Taken together, findings revealed that the water extracts of Nostoc_MUM004 showed exceptionally high antioxidant activity e.g., ferric reducing activity at 1652.71 mg TAE g−1. This could be partly attributed to the presence of antioxidant enzymes in the extracts as revealed in LCMS. For example, ferredoxin NADP + Oxidoreductase and SDR family NAD(P)-dependent oxidoreductase enzymes are involved in the intracellular electron transports (Wang et al. 2010), and are also potent cytoprotective agents to prevent the epithelial cells from oxidation damage. This was attainable through the delay of damage on tissues and cells caused by ROS, possibly by electron transfer conferred by the water extracts as reflected from the FRAP assay.
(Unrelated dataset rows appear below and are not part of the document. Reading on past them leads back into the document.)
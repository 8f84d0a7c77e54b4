-- ===== src/Network/NetworkMonitor/Tests.antt =====
-- An operating system with one TCP connection, one listening socket, one UDP endpoint, and no IPv6.
use data_exfiltration_detect.Common.{ℕ, ◌≡◌, refl, [], ◌∷◌, map, some, none, arith}
use data_exfiltration_detect.Common.Text.{codes}
use data_exfiltration_detect.Network.Types.{ConnectionTransferSnapshot}
use data_exfiltration_detect.Network.NetworkMonitor.{Windows, get_connection_transfer_snapshots}
use data_exfiltration_detect.Network.NetworkMonitor.Laws.{
  HasDistinctStates, AreQuiet, get_connection_transfer_snapshots-AreQuiet,
}

abbrev windows : Windows
windows = record {
  error_insufficient_buffer = 122;
  no_error = 0;
  state_listen = 2;
  state_estab = 5;
  state_time_wait = 11;
  state_close_wait = 8;
  state_closed = 1;
  ntohs = λ n. n;
  inet_ntop4 = λ a. some (codes "10.0.0.5");
  inet_ntop6 = λ a. none;
  tcp4 = record {
    size_query = (122, 64);
    fill = λ size. (
      0,
      record {
        state = 5;
        local_addr = 1;
        local_port = 50000;
        remote_addr = 2;
        remote_port = 443;
        owning_pid = 7;
      }
          ∷ record {
            state = 2;
            local_addr = 1;
            local_port = 80;
            remote_addr = 0;
            remote_port = 0;
            owning_pid = 8;
          }
          ∷ [],
    );
  };
  tcp6 = record { size_query = (50, 0); fill = λ size. (50, []) };
  udp4 = record {
    size_query = (122, 16);
    fill = λ size. (0, record { local_addr = 1; local_port = 53; owning_pid = 9 } ∷ []);
  };
  udp6 = record { size_query = (122, 16); fill = λ size. (5, []) };
  estats4 = λ row. (0, 100, 200);
  estats6 = λ row. (0, 0, 0);
}

windows-HasDistinctStates : HasDistinctStates windows
windows-HasDistinctStates = record {
  listen-estab = λ h. omega arith;
  listen-close_wait = λ h. omega arith;
  estab-close_wait = λ h. omega arith;
  time_wait-close_wait = λ h. omega arith;
}

sent : ConnectionTransferSnapshot → ℕ × ℕ
sent s = (s.connection.process_id, s.bytes_sent)

reports : map sent (get_connection_transfer_snapshots windows 100) ≡ (7, 100) ∷ (8, 0) ∷ (9, 0) ∷ []
unfolding sent get_connection_transfer_snapshots
reports = refl

get_connection_transfer_snapshots-AreQuiet_example :
    AreQuiet (get_connection_transfer_snapshots windows 100)
get_connection_transfer_snapshots-AreQuiet_example =
    get_connection_transfer_snapshots-AreQuiet windows windows-HasDistinctStates 100
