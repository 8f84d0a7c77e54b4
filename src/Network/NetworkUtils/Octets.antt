-- ===== src/Network/NetworkUtils/Octets.antt =====
-- NetworkUtils.cpp: what `parseDecimalOctet` accepts.
use data_exfiltration_detect.Common.{
  ℕ, zero, suc, ◌+◌, ◌-◌, ◌*◌, ◌≤◌, ◌<◌, ◌≡◌, refl, ◌∙◌, ap, ◌↔◌, [], ◌∷◌, Bool, true, false,
  Option, none, some, arith, ◌==◌, Bool-cases, ℕ_discrete, if◌then◌else◌, inl, inr,
}
use data_exfiltration_detect.Common.Text.{Text, to_decimal, to_decimal-small, to_decimal-large}
use data_exfiltration_detect.Network.NetworkUtils.{
  parse_digits, parse_decimal_octet, within_octet, begins_with_zero,
}

-- The parse of the print of an octet, as a test.
parses_back : ℕ → Option ℕ → Bool
parses_back n none = false
parses_back n (some m) = m == n

parse-back : (n : ℕ) (o : Option ℕ) → parses_back n o ≡ true → o ≡ some n
unfolding parses_back
parse-back n none h = cc
parse-back n (some m) h = ground arith

-- The test for each of the first numbers.
first_parse_back : ℕ → Bool
unfolding parses_back parse_decimal_octet to_decimal
first_parse_back zero = true
first_parse_back (suc m) =
    let rest = first_parse_back m in
    if parses_back m (parse_decimal_octet (to_decimal m)) then rest else false

octets_parse_back : first_parse_back 256 ≡ true
unfolding first_parse_back
octets_parse_back = refl

print→parse_below :
    (m n : ℕ) → first_parse_back m ≡ true → n < m → parse_decimal_octet (to_decimal n) ≡ some n
unfolding first_parse_back
print→parse_below zero n h lt = absurd (omega arith)
print→parse_below (suc m) n h lt =
    elim (Bool-cases (parses_back m (parse_decimal_octet (to_decimal m)))) [
      | inl e ↦ elim (ℕ_discrete n m) [
        | yes p ↦ rw p (parse-back m (parse_decimal_octet (to_decimal m)) e)
        | no p ↦ print→parse_below m n (rw e at h) (omega (arith, p))
      ]
      | inr e ↦ cc (rw e at h)
    ]

one_digit : (c n : ℕ) → parse_digits 0 (c ∷ []) ≡ some n → c ∷ [] ≡ to_decimal n
unfolding parse_digits
one_digit c n h = ground (arith, to_decimal-small (c - 48))

two_digits :
    (c d n : ℕ)
    → (c == 48) ≡ false
    → parse_digits 0 (c ∷ d ∷ []) ≡ some n
    → c ∷ d ∷ [] ≡ to_decimal n
unfolding parse_digits
two_digits c d n z h =
    ground (arith, to_decimal-small (c - 48), to_decimal-large ((c - 48) * 10 + (d - 48)))

three_digits :
    (c d e n : ℕ)
    → (c == 48) ≡ false
    → parse_digits 0 (c ∷ d ∷ e ∷ []) ≡ some n
    → c ∷ d ∷ e ∷ [] ≡ to_decimal n
unfolding parse_digits
three_digits c d e n z h = ground (
  arith,
  to_decimal-small (c - 48),
  to_decimal-large ((c - 48) * 10 + (d - 48)),
  to_decimal-large (((c - 48) * 10 + (d - 48)) * 10 + (e - 48)),
)

within_octet-inv : (o : Option ℕ) (n : ℕ) → within_octet o ≡ some n → (o ≡ some n) × (n ≤ 255)
unfolding within_octet
within_octet-inv none n h = cc
within_octet-inv (some m) n h = ground arith

pub parse→print :
    (t : Text) (n : ℕ) → parse_decimal_octet t ≡ some n → (t ≡ to_decimal n) × (n ≤ 255)
unfolding parse_decimal_octet
parse→print [] n h = cc
parse→print (c ∷ []) n h =
    let p = within_octet-inv (parse_digits 0 (c ∷ [])) n (ground arith) in (one_digit c n p.0, p.1)
parse→print (c ∷ d ∷ []) n h = elim (Bool-cases (c == 48)) [
  | inl z ↦ cc (rw (z, begins_with_zero) at h)
  | inr z ↦
      let p = within_octet-inv (parse_digits 0 (c ∷ d ∷ [])) n (rw (z, begins_with_zero) at h) in
      (two_digits c d n z p.0, p.1)
]
parse→print (c ∷ d ∷ e ∷ []) n h = elim (Bool-cases (c == 48)) [
  | inl z ↦ cc (rw (z, begins_with_zero) at h)
  | inr z ↦
      let p =
        within_octet-inv (parse_digits 0 (c ∷ d ∷ e ∷ [])) n (rw (z, begins_with_zero) at h) in
      (three_digits c d e n z p.0, p.1)
]
parse→print (c ∷ d ∷ e ∷ f ∷ t) n h = ground arith

pub print→parse : (n : ℕ) → n ≤ 255 → parse_decimal_octet (to_decimal n) ≡ some n
print→parse n h = print→parse_below 256 n octets_parse_back (omega arith)

-- An octet is accepted exactly when it is the decimal print of a number up to 255, and is parsed
-- to that number.
parse_decimal_octet_iff :
    (t : Text) (n : ℕ) → (parse_decimal_octet t ≡ some n) ↔ ((t ≡ to_decimal n) × (n ≤ 255))
parse_decimal_octet_iff t n =
    (parse→print t n, λ (e, h). ap parse_decimal_octet e ∙ print→parse n h)
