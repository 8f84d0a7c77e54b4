-- ===== src/Network/NetworkUtils/Ipv4.antt =====
-- NetworkUtils.cpp: what `split` and `isValidIpv4` accept.
use data_exfiltration_detect.Common.{
  ℕ, ◌≤◌, ◌≡◌, refl, sym, ◌∙◌, ap, ◌↔◌, ◌≢◌, List, [], ◌∷◌, ◌++◌, Bool, true, ◌&&◌, arith, ◌==◌,
  Bool-cases, Option-cases, inl, inr, length,
}
use data_exfiltration_detect.Common.Text.{
  Text, AllBytes-mono, Lacks, IsDigit, to_decimal, to_decimal-digits,
}
use mathlib.Core.List.{append-nil, append_assoc}
use data_exfiltration_detect.Network.NetworkUtils.{
  parse_decimal_octet, split_from, split, are_octets, is_valid_ipv4, is_some,
}
use data_exfiltration_detect.Network.NetworkUtils.Octets.{parse→print, print→parse}

-- The parts joined by a delimiter.
join : ℕ → List Text → Text
join d [] = []
join d (p ∷ []) = p
join d (p ∷ q ∷ parts) = p ++ d ∷ join d (q ∷ parts)

split_from-cons :
    (d : ℕ) (current v : Text)
    → (q : Text) × (parts : List Text) × (split_from d current v ≡ q ∷ parts)
unfolding split_from
split_from-cons d current [] = (current, [], refl)
split_from-cons d current (ch ∷ v) = elim (Bool-cases (ch == d)) [
  | inl e ↦ (current, split_from d [] v, rw (e, split_from))
  | inr e ↦
      let (q, parts, h) = split_from-cons d (current ++ ch ∷ []) v in
      (q, parts, rw (e, split_from) h)
]

-- Joining what was split gives the text back.
join-split_from : (d : ℕ) (current v : Text) → join d (split_from d current v) ≡ current ++ v
unfolding join split_from
join-split_from d current [] = sym (append-nil current)
join-split_from d current (ch ∷ v) = elim (Bool-cases (ch == d)) [
  | inl e ↦
      let (q, parts, h) = split_from-cons d [] v in
      rw (e, split_from, h, join)
        (ap (λ r. current ++ d ∷ r) (ap (join d) (sym h) ∙ join-split_from d [] v)
          ∙ ap (λ x. current ++ x ∷ v) (ground arith))
  | inr e ↦
      rw (e, split_from)
        (join-split_from d (current ++ ch ∷ []) v ∙ append_assoc current (ch ∷ []) v)
]

-- A part without the delimiter is split off whole.
split_from-part :
    (d : ℕ) (current p v : Text)
    → Lacks d p
    → split_from d current (p ++ d ∷ v) ≡ (current ++ p) ∷ split_from d [] v
unfolding split_from
split_from-part d current [] v h = rw append-nil (ground arith)
split_from-part d current (c ∷ p) v h =
    ground (arith, split_from-part d (current ++ c ∷ []) p v h.1, append_assoc current (c ∷ []) p)

split_from-last :
    (d : ℕ) (current p : Text) → Lacks d p → split_from d current p ≡ (current ++ p) ∷ []
unfolding split_from
split_from-last d current [] h = rw append-nil
split_from-last d current (c ∷ p) h =
    ground (arith, split_from-last d (current ++ c ∷ []) p h.1, append_assoc current (c ∷ []) p)

-- The dotted print of four octets.
abbrev pub dotted : ℕ → ℕ → ℕ → ℕ → Text
dotted a b c d =
    to_decimal a ++ b'.' ∷ (to_decimal b ++ b'.' ∷ (to_decimal c ++ b'.' ∷ to_decimal d))

-- The text is the canonical print of an IPv4 address.
abbrev pub IsDotted : Text → Type 0
IsDotted t =
    (a : ℕ) × (b : ℕ) × (c : ℕ) × (d : ℕ) × (a ≤ 255)
    × (b ≤ 255)
    × (c ≤ 255)
    × (d ≤ 255)
    × (t ≡ dotted a b c d)

octet_of :
    (t : Text) → is_some (parse_decimal_octet t) ≡ true → (n : ℕ) × (t ≡ to_decimal n) × (n ≤ 255)
unfolding is_some
octet_of t h = elim (Option-cases (parse_decimal_octet t)) [
  | inl e ↦ cc (rw e at h)
  | inr (n, e) ↦ let p = parse→print t n e in (n, p.0, p.1)
]

and-inv : (a b : Bool) → (a && b) ≡ true → (a ≡ true) × (b ≡ true)
and-inv a b h = ground arith

dotted_eq :
    (p q r s : Text) (a b c d : ℕ)
    → p ≡ to_decimal a
    → q ≡ to_decimal b
    → r ≡ to_decimal c
    → s ≡ to_decimal d
    → p ++ b'.' ∷ (q ++ b'.' ∷ (r ++ b'.' ∷ s)) ≡ dotted a b c d
dotted_eq p q r s a b c d ea eb ec ed = rw (ea, eb, ec, ed)

parts-IsDotted :
    (t : Text) (parts : List Text)
    → join b'.' parts ≡ t
    → (length parts == 4) ≡ true
    → are_octets parts ≡ true
    → IsDotted t
unfolding join are_octets
parts-IsDotted t (p ∷ q ∷ r ∷ s ∷ []) j n h =
    let h1 = and-inv _ _ h in
    let h2 = and-inv _ _ h1.1 in
    let h3 = and-inv _ _ h2.1 in
    let h4 = and-inv _ _ h3.1 in
    let (a, ea, ba) = octet_of p h1.0 in
    let (b, eb, bb) = octet_of q h2.0 in
    let (c, ec, bc) = octet_of r h3.0 in
    let (d, ed, bd) = octet_of s h4.0 in
    (a, b, c, d, ba, bb, bc, bd, sym j ∙ dotted_eq p q r s a b c d ea eb ec ed)
parts-IsDotted t [] j n h = absurd (ground arith)
parts-IsDotted t (p ∷ []) j n h = absurd (ground arith)
parts-IsDotted t (p ∷ q ∷ []) j n h = absurd (ground arith)
parts-IsDotted t (p ∷ q ∷ r ∷ []) j n h = absurd (ground arith)
parts-IsDotted t (p ∷ q ∷ r ∷ s ∷ u ∷ parts) j n h = absurd (ground arith)

to_decimal-plain : (n : ℕ) → Lacks b'.' (to_decimal n)
to_decimal-plain n =
    AllBytes-mono IsDigit (λ d. d ≢ b'.') (to_decimal n) (λ c h. omega arith) (to_decimal-digits n)

split-dotted :
    (a b c d : ℕ)
    → split (dotted a b c d) b'.' ≡ to_decimal a ∷ to_decimal b ∷ to_decimal c ∷ to_decimal d ∷ []
unfolding split
split-dotted a b c d = simp (
  split_from-part b'.' [] (to_decimal a) _ (to_decimal-plain a),
  split_from-part b'.' [] (to_decimal b) _ (to_decimal-plain b),
  split_from-part b'.' [] (to_decimal c) _ (to_decimal-plain c),
  split_from-last b'.' [] (to_decimal d) (to_decimal-plain d),
)

-- isValidIpv4 accepts exactly the canonical dotted prints: four numbers up to 255 with no leading
-- zeros, joined by dots.
pub is_valid_ipv4_iff : (t : Text) → (is_valid_ipv4 t ≡ true) ↔ IsDotted t
unfolding is_valid_ipv4 split
is_valid_ipv4_iff t = (
  λ h. elim (Bool-cases (length (split t b'.') == 4)) [
    | inl n ↦ parts-IsDotted t (split t b'.') (join-split_from b'.' [] t) n (rw n at h)
    | inr n ↦ cc (rw n at h)
  ],
  λ (a, b, c, d, ba, bb, bc, bd, e). rw (
    e,
    split-dotted a b c d,
    print→parse a ba,
    print→parse b bb,
    print→parse c bc,
    print→parse d bd,
  ),
)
Our previous findings showed how fucoxanthin from diatoms activated the anti-proliferative pathway in HepG2 liver cancer cells by targeting multiple cellular pathways (Foo et al. 2019). Similarly for wound healing, the water extract from Nostoc_MUM004 could impart a characteristic ROS-regulating pathway in wound healing. Thus, it would be interesting to follow through the findings with Enzyme Linked Immunosorbent Assay (ELISA) and western blotting starting with interleukins, key cell signalling molecules in tissue regeneration (Arshad et al. 2020). Besides that, inserting an in-silico digestion step e.g., SpirPep discovery workflow before wet lab enzyme digestion could prove useful. This in-silico step was demonstrated by Anekthanakul et al. (2019) where angiotensin I converting enzyme (ACE)-inhibitory peptides were computationally cleaved from the amino acid sequences of Spirulina platensis. In doing so, systematically reduced cost for lab consumables and shortening the bioactive peptides discovery process during the screening phase.

Conclusions

The investigated Nostoc_MUM004 water extracts are rich in proteins and exhibited a dual role as both primary and secondary antioxidants. Extract concentrations within the range of 31.25–125 µgmL−1 did not result in cytotoxicity. Importantly, the wound scratch assay revealed wound healing effects by water extracts increased at a concentration dependent manner i.e., 31.25 µgmL−1 > 62.5 µgmL−1 > 125 µgmL−1. Therefore, the recommended concentration of water extracts to exhibit best wound healing effect at a non-toxic concentration to cells is 125 µgmL−1. Further proteomic profiling using LC–MS revealed bioactive proteins responsible for the revealed wound healing properties. Indeed, the presence of six protein families related to wound healing were confirmed i.e., AAA-ATPase (responsible for cell migration), serine-threonine protein kinase (cell growth, proliferation, and motility), ABC-transporter protein (promotes faster healing rate), M1 metallopeptidase (role in wound re epithelialization) and both ferredoxin NADP + Oxidoreductase and SDR family NAD(P)-dependent oxidoreductase (cytoprotective agents). This preliminary but important work will be antecedent to further studies where RT-PCR and ELISA assays are warranted to elucidate the wound healing pathway exerted by Nostoc proteins. Overall, it is envisioned that the study findings will facilitate and advance the diversification of the cyanobacterial menu for commercialization as nutraceuticals, cosmeceuticals, and pharmaceuticals. This will ultimately expand the market potential for a microalgae-based biorefinery that promotes circular bioeconomy.